There are many other artifacts that are not in git. Businesses always have a large set of documents in some kind of wiki or docs editor. They usually have author attribution and a big set of hyperlinks to other artifacts. This web is dense. The authors are very present-minded. They don’t include a lot for future readers.

In the last 18 months, it’s gotten a lot easier to automatically summarize documents. We should be using Generative AI to make these artifacts easier to use.

I want a timeline view of a project’s history. I want to be able to pan and zoom. I want to go to different points in time and see product demos from the teams that worked on it. I want to have links to various documents with well picked excerpts. I want summaries. I want to understand quarter-by-quarter what the people were trying to achieve. I want to see when people joined and when they left.

product idea

Ultimately making history is an act of synthesis. What I’m picturing in my head isn’t the history itself, it’s a tool to make the history easier to distill. It would make a great deal of data about the past something that the whole team can understand and benefit from.

History can provoke hard, necessary conversations

Just like every other historical endeavor, constructing a narrative of the past can provoke difficult conversations. Why did we suddenly change all our engineering practices in 2015? Oh it’s because the whole team quit when the VPE was fired. Woah. Ouch. Why did we go all-in on technology? Oh, it’s because person (who may still work here or know people who does!) thought it was a great idea.

In order to make this endeavor useful you need to adopt a nonjudgmental mindset. You should assume that the people who built this codebase were making the best decisions they could with the tools and information they had at the time. You may feel like better decisions are obvious, but you’re benefiting from information they didn’t have.

And, sometimes these difficult conversations are necessary. Sometimes in order to move forward we have to be open about what really happened, and own it. History isn’t always rosy, and that’s OK.

People already have narratives of the past, they're just not always backed by data

Humans make narratives like spiders make webs. Everyone in your organization has a story they tell themselves about the past. Someone might think "oh quality really dipped as we focused on growth pre-IPO" or "we really sped up when we got our new CTO" for example. But did these things really happen? These narratives reflect an individuals lived experience, and we shouldn't discount that. But can we observe anything empirical?
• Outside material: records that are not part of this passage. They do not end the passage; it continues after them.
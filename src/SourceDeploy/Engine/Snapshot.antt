-- ===== src/SourceDeploy/Engine/Snapshot.antt =====
-- The snapshot and the images come before the files.
use fleetdeck.Prelude.{
  ◌≡◌, refl, ◌⊎◌, inl, inr, Bool, true, false, none, List, [], ◌∷◌, ◌++◌, String, Outcome, ok, err,
}
use fleetdeck.SourceDeploy.Types.{
  Options, Event, user_created, registered, files_added, pulled, built, backed_up, verified, tagged,
  History, ApplyError, Run, ◌>>>◌, pure, note, perform,
}
use fleetdeck.SourceDeploy.Runtime.{save_runtime, halt}
use fleetdeck.SourceDeploy.Staging.{Server, Staged, set_created}
use fleetdeck.SourceDeploy.Keeps.{
  Keeps, bind-Keeps, resolve-Keeps, quiesce-Keeps, save_runtime-Keeps, ask-Keeps,
}
use fleetdeck.SourceDeploy.Engine.{
  unverified, snapshot_failed, Commands, keep_snapshot, set_backup_id, take_snapshot, protect,
  build_images,
}
use fleetdeck.SourceDeploy.Engine.Order.{
  Has, Saw, unrestored, IsSafe, Follows, Ended, Clean, Clean-Ended, Post, bind-Post, keep-Post,
  perform-Post,
}

module _ (server : Server) (commands : Commands) (o : Options) where
  pub user-Clean : Keeps (Clean server commands o) (note user_created)
  unfolding note Follows unrestored
  user-Clean = record { kept = λ r (f, c). ((tt, f), c) }

  pub registered-Clean : Keeps (Clean server commands o) (note registered)
  unfolding note Follows unrestored
  registered-Clean = record { kept = λ r (f, c). ((tt, f), c) }

  pub created-Clean : Keeps (Clean server commands o) (set_created server o)
  unfolding set_created
  created-Clean = record { kept = λ r p. p }

  halt-Clean :
      (names : List String)
      → Keeps (Clean server commands o) (halt commands.database_kind commands.containers names)
  unfolding halt Follows unrestored
  halt-Clean names = record { kept = λ r (f, c). ((tt, f), c) }

  -- A snapshot of this name was verified.
  abbrev pub Verified : String → Run → Type 0
  Verified id r = Clean server commands o r × Has (verified id) r.history

  tagged-Verified : (id service : String) → Keeps (Verified id) (note (tagged service))
  unfolding note Follows unrestored
  tagged-Verified id service = record { kept = λ r ((f, c), v). ((((id, v), f), c), inr v) }

  save_runtime-Verified :
      (id : String) → Keeps (Verified id) (save_runtime commands.database_kind commands.containers)
  save_runtime-Verified id =
      save_runtime-Keeps (Verified id) commands.database_kind commands.containers
        (tagged-Verified id)

  set_backup_id-Verified : (id : String) → Keeps (Verified id) (set_backup_id server commands o id)
  unfolding set_backup_id
  set_backup_id-Verified id = record { kept = λ r p. p }

  abbrev pub Covered : Run → Type 0
  Covered r = Clean server commands o r × IsSafe server commands o r.history

  Covered-Post :
      (id : String) (x : Outcome ApplyError (Unit {0}) × Run)
      → Post server commands o (λ a. Verified id) x
      → Post server commands o (λ a. Covered) x
  Covered-Post id (ok a, r) (c, v) = (c, inl (id, v))
  Covered-Post id (err e, r) p = p

  verify-Post :
      (s : Staged) (id : String) (r : Run)
      → Clean server commands o r
      → Has (backed_up id) r.history
      → Post server commands o
          (λ a. Covered)
          ((perform (commands.add_files (s.updates ++ s.private)) files_added snapshot_failed
              >>> λ _. perform (commands.verify id) (verified id) unverified >>> λ _.
                  set_backup_id server commands o id >>> λ _.
                  save_runtime commands.database_kind commands.containers)
            r)
  unfolding Follows unrestored
  verify-Post s id r (f, c) b =
      bind-Post server commands o
        (λ a t.
          Clean server commands o t × Has (backed_up id) t.history × Has files_added t.history)
        (λ a. Covered) _ _ r
        (perform-Post server commands o _ _ _ _ r (Clean-Ended server commands o r (f, c))
          (((tt, f), c), inr b, inl refl))
        (λ a t (clean, backed, added).
          bind-Post server commands o (λ a. Verified id) (λ a. Covered) _ _ t
            (perform-Post server commands o _ _ _ _ t (Clean-Ended server commands o t clean)
              ((((added, backed), clean.0), clean.1), inl refl))
            (λ a u v. Covered-Post id _ (
              keep-Post server commands o (Verified id) _ u
                (λ t p. Clean-Ended server commands o t p.0)
                (bind-Keeps (Verified id) (set_backup_id-Verified id)
                  (λ a. save_runtime-Verified id))
                v)))

  take_snapshot-Post :
      (s : Staged) (r : Run)
      → Clean server commands o r
      → Post server commands o (λ a. Covered) (take_snapshot server commands o s r)
  unfolding take_snapshot keep_snapshot Follows unrestored
  take_snapshot-Post s r p =
      bind-Post server commands o (λ a. Clean server commands o) (λ a. Covered) _ _ r
        (keep-Post server commands o (Clean server commands o) _ r (Clean-Ended server commands o)
          (resolve-Keeps (Clean server commands o) o.name commands.project_config) p)
        (λ old t q.
          bind-Post server commands o (λ a. Clean server commands o) (λ a. Covered) _ _ t
            (keep-Post server commands o (Clean server commands o) _ t
              (Clean-Ended server commands o)
              (quiesce-Keeps (Clean server commands o) commands.database_kind commands.containers
                old halt-Clean)
              q)
            (λ a u w.
              bind-Post server commands o (λ a. Clean server commands o) (λ a. Covered) _ _ u
                (keep-Post server commands o (Clean server commands o) _ u
                  (Clean-Ended server commands o)
                  (ask-Keeps (Clean server commands o) commands.backup _) w)
                (λ id v (f, c).
                  bind-Post server commands o
                    (λ a t. Clean server commands o t × Has (backed_up id) t.history) (λ a. Covered)
                    _ _ v (((tt, f), c), inl refl)
                    (λ a x (clean, backed). verify-Post s id x clean backed))))

  pub protect-Post :
      (b : Bool) (s : Staged) (r : Run)
      → Clean server commands o r
      → (b ≡ true) ⊎ Saw (λ k. server.protected_project k ≡ none) r.history
      → Post server commands o (λ a. Covered) (protect server commands o b s r)
  unfolding protect pure
  protect-Post true s r p cover = take_snapshot-Post s r p
  protect-Post false s r p (inl bad) = cc
  protect-Post false s r p (inr bare) = (p, inr bare)

  Covered-Ended : (r : Run) → Covered r → Ended server commands o r
  Covered-Ended r p = Clean-Ended server commands o r p.0

  abbrev pub IsBuilt : Run → Type 0
  IsBuilt r =
      Follows server commands o r.history × IsSafe server commands o r.history × Has built r.history

  pub Safe-more :
      (v : Event) (h : History) → IsSafe server commands o h → IsSafe server commands o (v ∷ h)
  Safe-more v h (inl (id, found)) = inl (id, inr found)
  Safe-more v h (inr bare) = inr (inr bare)

  pub build_images-Post :
      (r : Run)
      → Covered r
      → Post server commands o
          (λ a t. IsBuilt t × (unrestored t.history ≡ []))
          (build_images server commands o r)
  unfolding build_images Follows unrestored
  build_images-Post r ((f, c), safe) =
      bind-Post server commands o (λ a t. Covered t × Has pulled t.history)
        (λ a t. IsBuilt t × (unrestored t.history ≡ [])) _ _ r
        (perform-Post server commands o _ _ _ _ r (Clean-Ended server commands o r (f, c))
          ((((tt, f), c), Safe-more pulled r.history safe), inl refl))
        (λ a t (((g, d), covered), had).
          perform-Post server commands o _ _ _ _ t (Clean-Ended server commands o t (g, d))
            (((had, g), Safe-more built t.history covered, inl refl), d))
It's absolutely possible to over-index on empirical data... and it's important to be mindful of that. But empirical data, when it is high quality, can help us zoom out and show a larger perspective than one individual on one team. It can mitigate fuzzy memories and group-think. It can show how parts of a system interacted over time. It can help us learn from the past, correct misconceptions, and make us overall better at whatever it is we're trying to do.

You can make it easier for future historians (yourself?)

Tomorrow's history is now. You an do things now that will make life easier for future historians. At work we have a repo called artifacts which contains all sorts of runtime artifacts that would be difficult for us to reconstruct later without the app running. As an example, we have an artifact that gives us details about our ActiveRecord models. We know for each commit how many public instance methods existed any given model, or what AR associations and scopes were defined. We also know what Packwerk pack each model is associated with, and which team is the owner. For our Packwerk modules, we know each of their "modularity scores"–an in-house metric.


These artifacts are tracked in git and are updated in a "shadow repo" every time our monolith builds. This means we can see how they change over time. We've had some of these artifacts for 8 months, and they've proven invaluable.

But we could be doing more. We could be conducting interviews. We could be journaling. We could be proactively making the lives of future historians easier, and we should.